Dataset excerpts
<<<<

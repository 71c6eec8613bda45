-- ===== src/Ingestion/Rows.antt =====
-- The rows that wms_task_consumer.go writes, and its statements on them. A NULL text is "".
use pda_backend.Common.{
  ℕ, ◌+◌, String, Option, none, some, List, [], ◌∷◌, ◌++◌, Bool, not, ◌&&◌, ◌==◌, eqb, leb, any,
  if◌then◌else◌,
}
use pda_backend.Common.Text.{to_upper}
use pda_backend.Common.Rows.{update_where}
use pda_backend.Ingestion.Contract.{TaskPayload, priority_or_default}

-- A row of wms_task_projection.
pub record ProjectionRow (F : Type 0) : Type 0 where
  pub warehouse_task_id : String
  pub task_type : String
  pub task_version : ℕ
  pub status : String
  pub priority : ℕ
  pub site_id : String
  pub warehouse_id : String
  pub warehouse_code : String
  pub source_location_id : String
  pub source_location_code : String
  pub source_bin_id : String
  pub source_bin_code : String
  pub destination_location_id : String
  pub destination_location_code : String
  pub destination_bin_id : String
  pub destination_bin_code : String
  pub work_order_id : String
  pub work_order_code : String
  pub material_request_id : String
  pub material_request_line_id : String
  pub expected_receipt_id : String
  pub item_id : String
  pub item_code : String
  pub revision_id : String
  pub revision_code : String
  pub requested_quantity : F
  pub confirmed_quantity : F
  pub remaining_quantity : F
  pub uom_id : String
  pub uom_code : String
  pub lot_id : String
  pub lot_code : String
  pub lpn_code : String
  pub serial_numbers : List String
  pub allocations : List String
  pub scan_requirements : List String
  pub correlation_id : String
  pub causation_id : String
  pub payload : String
  pub source_event_id : ℕ
  pub source_dispatched_at : Option ℕ
  pub backend_received_at : ℕ
  pub updated_at : ℕ

-- A row of warehouse_task.
pub record QueueRow : Type 0 where
  pub task_id : String
  pub category : String
  pub status : String
  pub priority : ℕ
  pub warehouse_id : String
  pub operator_id : Option String
  pub version : ℕ
  pub updated_at : ℕ

pub record StaleDelivery : Type 0 where
  pub event_id : ℕ
  pub warehouse_task_id : String
  pub incoming_version : ℕ
  pub projected_version : ℕ
  pub event_type : String

-- Why a delivery is rejected.
pub data Failure : Type 0 where
  malformed_envelope invalid_envelope event_id_not_uuid unsupported_event_version : Failure
  malformed_payload missing_required_identity unsupported_task_type : Failure
  unsupported_task_status invalid_occurred_at : Failure

-- A message of Kafka; its value is the text of the envelope.
pub record Message : Type 0 where
  pub topic : String
  pub partition : ℕ
  pub offset : ℕ
  pub value : String
  pub time : Option ℕ

-- A row of event_dlq.
pub record DeadLetter : Type 0 where
  pub event_id : ℕ
  pub consumer_group : String
  pub message : Message
  pub event_type : String
  pub attempts : ℕ
  pub last_error : Failure
  pub failed_at : ℕ

pub record Tables (F : Type 0) : Type 0 where
  pub inbox : List (ℕ × String)
  pub projection : List (ProjectionRow F)
  pub queue : List QueueRow
  pub stale : List StaleDelivery
  pub dead_letters : List DeadLetter

abbrev pub is_entry : ℕ → String → ℕ × String → Bool
is_entry event group e = eqb e.0 event && e.1 == group

abbrev pub is_seen : {F : Type 0} → ℕ → String → Tables F → Bool
is_seen event group db = any (is_entry event group) db.inbox

-- `LEAST(a,b)`
abbrev pub least : ℕ → ℕ → ℕ
least a b = if leb a b then a else b

-- `COALESCE(a,b)`
abbrev pub coalesce : {A : Type 0} → Option A → Option A → Option A
coalesce none b = b
coalesce (some a) b = some a

abbrev pub has_task : {F : Type 0} → String → ProjectionRow F → Bool
has_task id r = r.warehouse_task_id == id

abbrev pub has_queue_id : String → QueueRow → Bool
has_queue_id id q = q.task_id == id

-- The values of the INSERT. The column payload is a jsonb, which keeps the value of its text and not
-- the text; here it is the text.
unfoldable pub row_of :
    {F : Type 0} → ℕ → TaskPayload F → String → Option ℕ → ℕ → ℕ → ProjectionRow F
row_of event p raw dispatched received now = record {
  warehouse_task_id = p.warehouse_task_id;
  task_type = to_upper p.task_type;
  task_version = p.task_version;
  status = to_upper p.status;
  priority = priority_or_default p.priority;
  site_id = p.site_id;
  warehouse_id = p.warehouse_id;
  warehouse_code = p.warehouse_code;
  source_location_id = p.source_location_id;
  source_location_code = p.source_location_code;
  source_bin_id = p.source_bin_id;
  source_bin_code = p.source_bin_code;
  destination_location_id = p.destination_location_id;
  destination_location_code = p.destination_location_code;
  destination_bin_id = p.destination_bin_id;
  destination_bin_code = p.destination_bin_code;
  work_order_id = p.work_order_id;
  work_order_code = p.work_order_code;
  material_request_id = p.material_request_id;
  material_request_line_id = p.material_request_line_id;
  expected_receipt_id = p.expected_receipt_id;
  item_id = p.item_id;
  item_code = p.item_code;
  revision_id = p.revision_id;
  revision_code = p.revision_code;
  requested_quantity = p.requested_quantity;
  confirmed_quantity = p.confirmed_quantity;
  remaining_quantity = p.remaining_quantity;
  uom_id = p.uom_id;
  uom_code = p.uom_code;
  lot_id = p.lot_id;
  lot_code = p.lot_code;
  lpn_code = p.lpn_code;
  serial_numbers = p.serial_numbers;
  allocations = p.allocations;
  scan_requirements = p.scan_requirements;
  correlation_id = p.correlation_id;
  causation_id = p.causation_id;
  payload = raw;
  source_event_id = event;
  source_dispatched_at = dispatched;
  backend_received_at = received;
  updated_at = now;
}

-- `DO UPDATE SET`: every column of the new row, but for two of its times.
abbrev pub merged : {F : Type 0} → ProjectionRow F → ProjectionRow F → ProjectionRow F
merged new old = record new {
  source_dispatched_at = coalesce new.source_dispatched_at old.source_dispatched_at;
  backend_received_at = least old.backend_received_at new.backend_received_at;
}

-- `INSERT … ON CONFLICT (warehouse_task_id) DO UPDATE`
unfoldable pub upsert_projection :
    {F : Type 0} → ProjectionRow F → List (ProjectionRow F) → List (ProjectionRow F)
upsert_projection new rows =
    if any (has_task new.warehouse_task_id) rows
    then update_where (has_task new.warehouse_task_id) (merged new) rows
    else rows ++ (new ∷ [])

abbrev pub text_option : String → Option String
text_option s = if not (s == "") then some s else none

abbrev pub queue_row : {F : Type 0} → TaskPayload F → String → String → ℕ → QueueRow
queue_row p category status now = record {
  task_id = p.warehouse_task_id;
  category = category;
  status = status;
  priority = priority_or_default p.priority;
  warehouse_id = p.warehouse_id;
  operator_id = text_option p.assigned_operator_id;
  version = p.task_version;
  updated_at = now;
}

unfoldable pub without : String → List QueueRow → List QueueRow
without id [] = []
without id (q ∷ qs) = let rest = without id qs in if has_queue_id id q then rest else q ∷ rest

unfoldable pub upsert_queue : QueueRow → List QueueRow → List QueueRow
upsert_queue new rows =
    if any (has_queue_id new.task_id) rows
    then update_where (has_queue_id new.task_id)
        (λ old. record new { operator_id = coalesce new.operator_id old.operator_id }) rows
    else rows ++ (new ∷ [])

-- `syncOperatorQueue`. The task of a movement, a receipt or a count refers to its row here, and a
-- referenced row is not deleted: the statement fails.
unfoldable pub sync_operator_queue :
    {F : Type 0}
    → (String → Bool)
    → TaskPayload F
    → String
    → String
    → ℕ
    → List QueueRow
    → Option (List QueueRow)
sync_operator_queue is_referenced p category status now rows =
    if status == ""
    then (if any (has_queue_id p.warehouse_task_id) rows && is_referenced p.warehouse_task_id
        then none
        else some (without p.warehouse_task_id rows))
    else some (upsert_queue (queue_row p category status now) rows)

abbrev pub is_letter : ℕ → String → DeadLetter → Bool
is_letter event group d = eqb d.event_id event && d.consumer_group == group

-- `INSERT INTO event_dlq … ON CONFLICT … DO UPDATE`
unfoldable pub insert_letter : DeadLetter → List DeadLetter → List DeadLetter
insert_letter new rows =
    if any (is_letter new.event_id new.consumer_group) rows
    then update_where (is_letter new.event_id new.consumer_group)
        (λ old. record old {
          attempts = old.attempts + 1;
          last_error = new.last_error;
          failed_at = new.failed_at;
        })
        rows
    else rows ++ (new ∷ [])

>>>>

Exercise description » Retype, exactly and in full, the lines above from the one containing "has_task id r = r.warehouse_task_id == id" through the one containing "allocations = p.allocations;".

Your response »
has_task id r = r.warehouse_task_id == id

abbrev pub has_queue_id : String → QueueRow → Bool
has_queue_id id q = q.task_id == id

-- The values of the INSERT. The column payload is a jsonb, which keeps the value of its text and not
-- the text; here it is the text.
unfoldable pub row_of :
    {F : Type 0} → ℕ → TaskPayload F → String → Option ℕ → ℕ → ℕ → ProjectionRow F
row_of event p raw dispatched received now = record {
  warehouse_task_id = p.warehouse_task_id;
  task_type = to_upper p.task_type;
  task_version = p.task_version;
  status = to_upper p.status;
  priority = priority_or_default p.priority;
  site_id = p.site_id;
  warehouse_id = p.warehouse_id;
  warehouse_code = p.warehouse_code;
  source_location_id = p.source_location_id;
  source_location_code = p.source_location_code;
  source_bin_id = p.source_bin_id;
  source_bin_code = p.source_bin_code;
  destination_location_id = p.destination_location_id;
  destination_location_code = p.destination_location_code;
  destination_bin_id = p.destination_bin_id;
  destination_bin_code = p.destination_bin_code;
  work_order_id = p.work_order_id;
  work_order_code = p.work_order_code;
  material_request_id = p.material_request_id;
  material_request_line_id = p.material_request_line_id;
  expected_receipt_id = p.expected_receipt_id;
  item_id = p.item_id;
  item_code = p.item_code;
  revision_id = p.revision_id;
  revision_code = p.revision_code;
  requested_quantity = p.requested_quantity;
  confirmed_quantity = p.confirmed_quantity;
  remaining_quantity = p.remaining_quantity;
  uom_id = p.uom_id;
  uom_code = p.uom_code;
  lot_id = p.lot_id;
  lot_code = p.lot_code;
  lpn_code = p.lpn_code;
  serial_numbers = p.serial_numbers;
  allocations = p.allocations;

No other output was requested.